Meal 1: Spicy Shrimp & Bucatini Pasta: 4/10
This was the first meal I’ve gotten in any box that was really just not good at all. While there were sauces I wasn’t a big fan of in both the Hello Fresh and Green Chef boxes, I could see how other people would have liked them; they just weren’t to my taste. But I’m pretty sure no one would have liked this dish very much. The kale had basically no flavor, nor a purpose in the dish other than to add a vegetable filler, and the shrimp (as previously mentioned) came frozen and so had a somewhat off-putting mushy texture. It was edible, but it wasn’t tasty or satisfying.
Meal 2: Sautéed Beef & Potato Latkes: 3/10
Taste wise, I probably would have given this meal about a five. The latkes and roasted vegetables were both pretty good. The beef, however, was pretty gross. While the picture of the meal made it look like this was some sort of slow-roasted, super tender beef, it wasn’t; this was thin shaved, tough, very low-quality beef, the type of stuff they make Philly cheese steaks with. And then the sauce was basically just onions, tomato paste, and vinegar — I think they were going for a “red wine reduction” type thing with the vinegar, but it ended up just tasting sour.

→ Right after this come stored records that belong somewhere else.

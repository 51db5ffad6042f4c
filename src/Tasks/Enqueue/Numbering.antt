-- ===== src/Tasks/Enqueue/Numbering.antt =====
-- The task ids that `Enqueue` of pkg/tasks/core.go gives out: the queue's sequence, one by one.
use moab.Base.{
  ℕ, zero, suc, ◌+◌, ◌≡◌, ◌<◌, refl, sym, ap, subst, ◌∙◌, List, [], ◌∷◌, ◌++◌, Option, some, ok,
  arith, false, is_set, length, All, map,
}
use moab.Base.Word.{mod64, add64, add64-add}
use moab.Tasks.Types.{QueueId, TaskId, Task, EnqueueRequestEntry, answer}
use moab.Tasks.Monad.{Stores, Db, pure, >>=-eq-ok, task_in}
use moab.Tasks.Access.{queue_state_get, queue_state_set, queue_state_of}
use moab.Tasks.Lifecycle.{create_task}
use moab.Tasks.Lifecycle.Creating.{IsCreated, create_task-IsCreated}
use moab.Tasks.Dequeue.Answers.{transact-eq-answer}
use moab.Tasks.Enqueue.{
  not_before, new_task, enqueue_new, find_duplicate, enqueue_entry, append_some, enqueue_entries,
  enqueue_unpurged, enqueue,
}

-- The `n` ids of the queue that follow `sequence`.
abbrev pub next_ids : QueueId → ℕ → ℕ → List TaskId
next_ids q sequence zero = []
next_ids q sequence (suc n) = task_in q (suc sequence) ∷ next_ids q (suc sequence) n

abbrev pub task_id_of : Task → TaskId
task_id_of t = t.id

map-append : (f : Task → TaskId) (xs ys : List Task) → map f (xs ++ ys) ≡ map f xs ++ map f ys
map-append f [] ys = refl
map-append f (x ∷ xs) ys = ap (λ zs. f x ∷ zs) (map-append f xs ys)

append_assoc : {A : Type 0} (xs ys zs : List A) → (xs ++ ys) ++ zs ≡ xs ++ (ys ++ zs)
append_assoc [] ys zs = refl
append_assoc (x ∷ xs) ys zs = ap (λ ws. x ∷ ws) (append_assoc xs ys zs)

append_nil : {A : Type 0} (xs : List A) → xs ++ [] ≡ xs
append_nil [] = refl
append_nil (x ∷ xs) = ap (λ ws. x ∷ ws) (append_nil xs)

module _ ⦃S : Stores⦄ where
  -- An entry without a duplicate becomes a task with the next id.
  pub enqueue_new-eq-ok :
      (q : QueueId) (now : ℕ) (e : EnqueueRequestEntry) (sequence : ℕ) (db : Db)
      {r : Option Task × ℕ} {after : Db}
      → enqueue_new q now e sequence db ≡ ok (r, after)
      → (r ≡ (
        some (new_task q now e (not_before now e.scheduled_at) (add64 sequence 1)),
        add64 sequence 1,
      ))
        × IsCreated (new_task q now e (not_before now e.scheduled_at) (add64 sequence 1)) db after
  unfolding enqueue_new
  enqueue_new-eq-ok q now e sequence db {r} {after} h =
      let n : ℕ = add64 sequence 1 in
      let task = new_task q now e (not_before now e.scheduled_at) n in
      let (_, mid, created, rest) = >>=-eq-ok (create_task task) (λ _. pure (some task, n)) db h in
      let same : mid ≡ after = ground (arith, rest) in
      (ground (arith, rest), subst (IsCreated task db) same (create_task-IsCreated task db created))

  enqueue_unkeyed :
      (q : QueueId) (now : ℕ) (e : EnqueueRequestEntry) (sequence : ℕ) (db : Db)
      → is_set e.dedupe_key ≡ false
      → enqueue_entry q now e sequence db ≡ enqueue_new q now e sequence db
  unfolding enqueue_entry find_duplicate
  enqueue_unkeyed q now e sequence db free = rw free

  enqueue_unkeyed_lem :
      (q : QueueId) (now : ℕ) (e : EnqueueRequestEntry) (sequence : ℕ) (db : Db)
      {r : Option Task × ℕ} {after : Db}
      → is_set e.dedupe_key ≡ false
      → suc sequence < mod64
      → enqueue_entry q now e sequence db ≡ ok (r, after)
      → r ≡ (some (new_task q now e (not_before now e.scheduled_at) (suc sequence)), suc sequence)
  enqueue_unkeyed_lem q now e sequence db {r} free small h =
      let next : add64 sequence 1 ≡ suc sequence =
        add64-add sequence 1 (omega arith) ∙ omega arith in
      let (same, _) =
        enqueue_new-eq-ok q now e sequence db
          (sym (enqueue_unkeyed q now e sequence db free) ∙ h) in
      subst (λ n. r ≡ (some (new_task q now e (not_before now e.scheduled_at) n), n)) next same

  enqueue_entries_lem :
      (q : QueueId) (now : ℕ) (es : List EnqueueRequestEntry) (tasks : List Task) (sequence : ℕ)
      (db : Db) {r : List Task × ℕ} {after : Db}
      → All (λ (e : EnqueueRequestEntry). is_set e.dedupe_key ≡ false) es
      → sequence + length es < mod64
      → enqueue_entries q now es tasks sequence db ≡ ok (r, after)
      → (map task_id_of r.0 ≡ map task_id_of tasks ++ next_ids q sequence (length es))
        × (r.1 ≡ sequence + length es)
  unfolding enqueue_entries
  enqueue_entries_lem q now [] tasks sequence db {r} free small h =
      let same : (tasks, sequence) ≡ r = ground (arith, h) in
      subst
        (λ (x : List Task × ℕ).
          (map task_id_of x.0 ≡ map task_id_of tasks ++ []) × (x.1 ≡ sequence + 0))
        same (sym (append_nil (map task_id_of tasks)), omega arith)
  enqueue_entries_lem q now (e ∷ es) tasks sequence db {r} {after} free small h =
      let task = new_task q now e (not_before now e.scheduled_at) (suc sequence) in
      let (one, mid, first, rest) = >>=-eq-ok (enqueue_entry q now e sequence) _ db h in
      let same : one ≡ (some task, suc sequence) =
        enqueue_unkeyed_lem q now e sequence db free.0 (omega arith) first in
      let rest' : enqueue_entries q now es (tasks ++ task ∷ []) (suc sequence) mid ≡ ok (r, after) =
        subst
          (λ (x : Option Task × ℕ).
            enqueue_entries q now es (append_some tasks x.0) x.1 mid ≡ ok (r, after))
          same rest in
      let (ids, count) =
        enqueue_entries_lem q now es (tasks ++ task ∷ []) (suc sequence) mid free.1 (omega arith)
          rest' in
      (
        ids
            ∙ ap (λ xs. xs ++ next_ids q (suc sequence) (length es))
                (map-append task_id_of tasks (task ∷ []))
            ∙ append_assoc (map task_id_of tasks) (task.id ∷ [])
                (next_ids q (suc sequence) (length es)),
        count ∙ omega arith,
      )

  -- If no entry has a dedupe key, and the sequence of the queue plus the number of entries is
  -- below 2 ^ 64, an `Enqueue` that answers returns one task for each entry; their ids are the
  -- numbers that follow the sequence, in the order of the entries; and the state of the queue is
  -- as before but for the sequence, which is higher by the number of entries.
  pub enqueue_numbers :
      (q : QueueId) (now : ℕ) (es : List EnqueueRequestEntry) (db : Db) (ts : List Task)
      (after : Db)
      → All (λ (e : EnqueueRequestEntry). is_set e.dedupe_key ≡ false) es
      → (queue_state_of db q).task_id_sequence + length es < mod64
      → enqueue q now es db ≡ (ok (answer ts), after)
      → (map task_id_of ts ≡ next_ids q (queue_state_of db q).task_id_sequence (length es))
        × (queue_state_of after q ≡ record (queue_state_of db q) {
          task_id_sequence = (queue_state_of db q).task_id_sequence + length es;
        })
  unfolding enqueue enqueue_unpurged queue_state_get queue_state_set
  enqueue_numbers q now es db ts after free small h =
      let state = queue_state_of db q in
      let (_, body) = transact-eq-answer q (enqueue_unpurged q now es) db ts after h in
      let (r, mid, all, rest) =
        >>=-eq-ok (enqueue_entries q now es [] state.task_id_sequence) _ db body in
      let (ids, count) = enqueue_entries_lem q now es [] state.task_id_sequence db free small all in
      let last : Db = record mid {
        queue_state = S.queue_state.set mid.queue_state q (record state { task_id_sequence = r.1 });
      } in
      let done : ◌≡◌ {A = List Task × Db} (r.0, last) (ts, after) = ground (arith, rest) in
      subst
        (λ (x : List Task × Db).
          (map task_id_of x.0 ≡ next_ids q state.task_id_sequence (length es))
          × (queue_state_of x.1 q
              ≡ record state { task_id_sequence = state.task_id_sequence + length es }))
        done (ids, rw (S.queue_state.get-set_self, count))
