-- ===== src/Tasks/Enqueue/Deduping.antt =====
-- What `Enqueue` of pkg/tasks/core.go does with an entry whose dedupe key is taken.
use moab.Base.{
  ℕ, ◌≡◌, ◌⊎◌, refl, sym, ap, ◌∙◌, List, [], ◌∷◌, Option, none, some, ok, true, false, is_set,
  String, inl, inr,
}
use moab.Base.Word.{add64}
use moab.Tasks.Types.{QueueId, Task, EnqueueRequestEntry, OverwriteOnDuplicate, is_enqueued}
use moab.Tasks.Monad.{Stores, Db, TextKey, ◌>>=◌, pure, task_in}
use moab.Tasks.Access.{dedupe_find, tasks_get}
use moab.Tasks.Lifecycle.Creating.{IsCreated}
use moab.Tasks.Enqueue.{
  not_before, new_task, enqueue_new, find_duplicate, overwrite_enqueued, overwrite_duplicate,
  enqueue_entry,
}
use moab.Tasks.Enqueue.Numbering.{enqueue_new-eq-ok}

module _ ⦃S : Stores⦄ where
  abbrev pub dedupe_key_of : QueueId → String → TextKey
  dedupe_key_of q key = record { queue = q; text = key }

  find_duplicate_lem :
      (q : QueueId) (key : String) (db : Db)
      → is_set key ≡ true
      → find_duplicate q key db
        ≡ ok (S.dedupe_keys_index.get db.dedupe_keys_index (dedupe_key_of q key), db)
  unfolding find_duplicate dedupe_find
  find_duplicate_lem q key db k = rw k

  enqueue_entry_free :
      (q : QueueId) (now : ℕ) (e : EnqueueRequestEntry) (sequence : ℕ) (db : Db)
      → is_set e.dedupe_key ≡ true
      → S.dedupe_keys_index.get db.dedupe_keys_index (dedupe_key_of q e.dedupe_key) ≡ none
      → enqueue_entry q now e sequence db ≡ enqueue_new q now e sequence db
  unfolding enqueue_entry
  enqueue_entry_free q now e sequence db k free = rw (find_duplicate_lem q e.dedupe_key db k, free)

  enqueue_entry_taken :
      (q : QueueId) (now n : ℕ) (e : EnqueueRequestEntry) (sequence : ℕ) (db : Db)
      → is_set e.dedupe_key ≡ true
      → S.dedupe_keys_index.get db.dedupe_keys_index (dedupe_key_of q e.dedupe_key) ≡ some n
      → enqueue_entry q now e sequence db
        ≡ (overwrite_duplicate e
                (not_before now e.scheduled_at)
                (task_in q n)
                e.overwrite_on_duplicate
              >>= λ d. pure (d, sequence))
            db
  unfolding enqueue_entry
  enqueue_entry_taken q now n e sequence db k taken =
      rw (find_duplicate_lem q e.dedupe_key db k, taken)

  overwrite_nothing :
      (e : EnqueueRequestEntry) (at n : ℕ) (q : QueueId) (os : List OverwriteOnDuplicate) (db : Db)
      → os ≡ []
      → overwrite_duplicate e at (task_in q n) os db ≡ ok (none, db)
  unfolding overwrite_duplicate
  overwrite_nothing e at n q os db nothing = rw nothing

  overwrite_started :
      (e : EnqueueRequestEntry) (at n : ℕ) (q : QueueId) (os : List OverwriteOnDuplicate) (d : Task)
      (db : Db)
      → S.tasks.get db.tasks (task_in q n) ≡ some d
      → is_enqueued d.state ≡ false
      → (r : Option Task) × (overwrite_duplicate e at (task_in q n) os db ≡ ok (r, db))
  unfolding overwrite_duplicate overwrite_enqueued tasks_get
  overwrite_started e at n q [] d db found started = (none, refl)
  overwrite_started e at n q (o ∷ os) d db found started = (some d, rw (found, started))

  -- If the dedupe key of an entry is set and points at a task that is stored, and either the
  -- entry overwrites nothing or that task is not enqueued, then enqueueing the entry succeeds,
  -- takes no number and writes nothing.
  pub enqueue_entry_duplicate :
      (q : QueueId) (now n : ℕ) (e : EnqueueRequestEntry) (sequence : ℕ) (d : Task) (db : Db)
      → is_set e.dedupe_key ≡ true
      → S.dedupe_keys_index.get db.dedupe_keys_index (dedupe_key_of q e.dedupe_key) ≡ some n
      → S.tasks.get db.tasks (task_in q n) ≡ some d
      → (e.overwrite_on_duplicate ≡ []) ⊎ (is_enqueued d.state ≡ false)
      → (r : Option Task) × (enqueue_entry q now e sequence db ≡ ok ((r, sequence), db))
  enqueue_entry_duplicate q now n e sequence d db k taken found (inl nothing) = (
    none,
    enqueue_entry_taken q now n e sequence db k taken
        ∙ rw (
            overwrite_nothing e (not_before now e.scheduled_at) n q e.overwrite_on_duplicate db
              nothing),
  )
  enqueue_entry_duplicate q now n e sequence d db k taken found (inr started) =
      let (r, same) =
        overwrite_started e (not_before now e.scheduled_at) n q e.overwrite_on_duplicate d db found
          started in
      (r, enqueue_entry_taken q now n e sequence db k taken ∙ rw same)

  -- If the dedupe key of an entry is set and free, enqueueing the entry creates the task with
  -- the next number of the sequence; and an entry with the same key that overwrites nothing,
  -- enqueued next, creates nothing, returns nothing and leaves the sequence and the contents as
  -- they are.
  pub enqueue_entry_dedupes :
      (q : QueueId) (now later : ℕ) (e e' : EnqueueRequestEntry) (sequence sequence' : ℕ) (db : Db)
      (r : Option Task × ℕ) (after : Db)
      → is_set e.dedupe_key ≡ true
      → e'.dedupe_key ≡ e.dedupe_key
      → e'.overwrite_on_duplicate ≡ []
      → S.dedupe_keys_index.get db.dedupe_keys_index (dedupe_key_of q e.dedupe_key) ≡ none
      → enqueue_entry q now e sequence db ≡ ok (r, after)
      → IsCreated (new_task q now e (not_before now e.scheduled_at) (add64 sequence 1)) db after
        × (enqueue_entry q later e' sequence' after ≡ ok ((none, sequence'), after))
  enqueue_entry_dedupes q now later e e' sequence sequence' db r after k same nothing free h =
      let n : ℕ = add64 sequence 1 in
      let (_, created) =
        enqueue_new-eq-ok q now e sequence db
          (sym (enqueue_entry_free q now e sequence db k free) ∙ h) in
      let taken : S.dedupe_keys_index.get after.dedupe_keys_index (dedupe_key_of q e'.dedupe_key)
          ≡ some n =
        ap (λ key. S.dedupe_keys_index.get after.dedupe_keys_index (dedupe_key_of q key)) same
        ∙ created.deduped k in
      (
        created,
        enqueue_entry_taken q later n e' sequence' after (ap is_set same ∙ k) taken
            ∙ rw (
                overwrite_nothing e' (not_before later e'.scheduled_at) n q
                  e'.overwrite_on_duplicate after nothing),
      )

The bigger problem, though, and the reason I docked the taste score in half is because this dish was SO MUCH WORK. It took me nearly an hour and a half to make…ugh! I had to peel 5 different vegetables, grate an onion and 2 potatoes, squeeze all the water out of the latke mix, etc. I can see why my Jewish friends save latkes for special occasions. The one good thing I will say about this recipe? Where it called for an egg, they provided an egg (which was my one knock against Plated.)
Meal 3: Harissa Chicken Skewers: 6/10
This was the best meal we got from Blue Apron. The recipe card noted this was “inspired by North African street food,” which sounded promising. The chicken skewers, which were coated in labneh (a type of yogurt-like cheese) and harissa sauce, were absolutely delicious. The mixed bed of stuff it sat on, less so. The Khorosan Wheat was dense and chewy, despite having been cooked the full recommended time. The kale, again, felt like more of a filler than something actually intentional. The persimmon was great, though; and having never cooked with persimmon before, I appreciated the exposure to it. The preparation of the chicken skewers, I’ll carry with me. Otherwise, like all the other Blue Apron dishes, we won’t be making this dish ever again.
Blue Apron was clearly our least favorite of any of the boxes we’ve tried to date. Moreover, it’s the only kit I wouldn’t recommend at all, to anyone. To put it quite simply, I’m really glad I don’t have to eat anymore of their food. Perhaps we just had an off week, or picked less than stellar recipes to try. But between the low-quality ingredients, high level of work required to prepare their dishes, and the majority of the recipes being pretty gross…it’s just not even a contest, Blue Apron’s not even playing in the same league as the other options we’ve tested.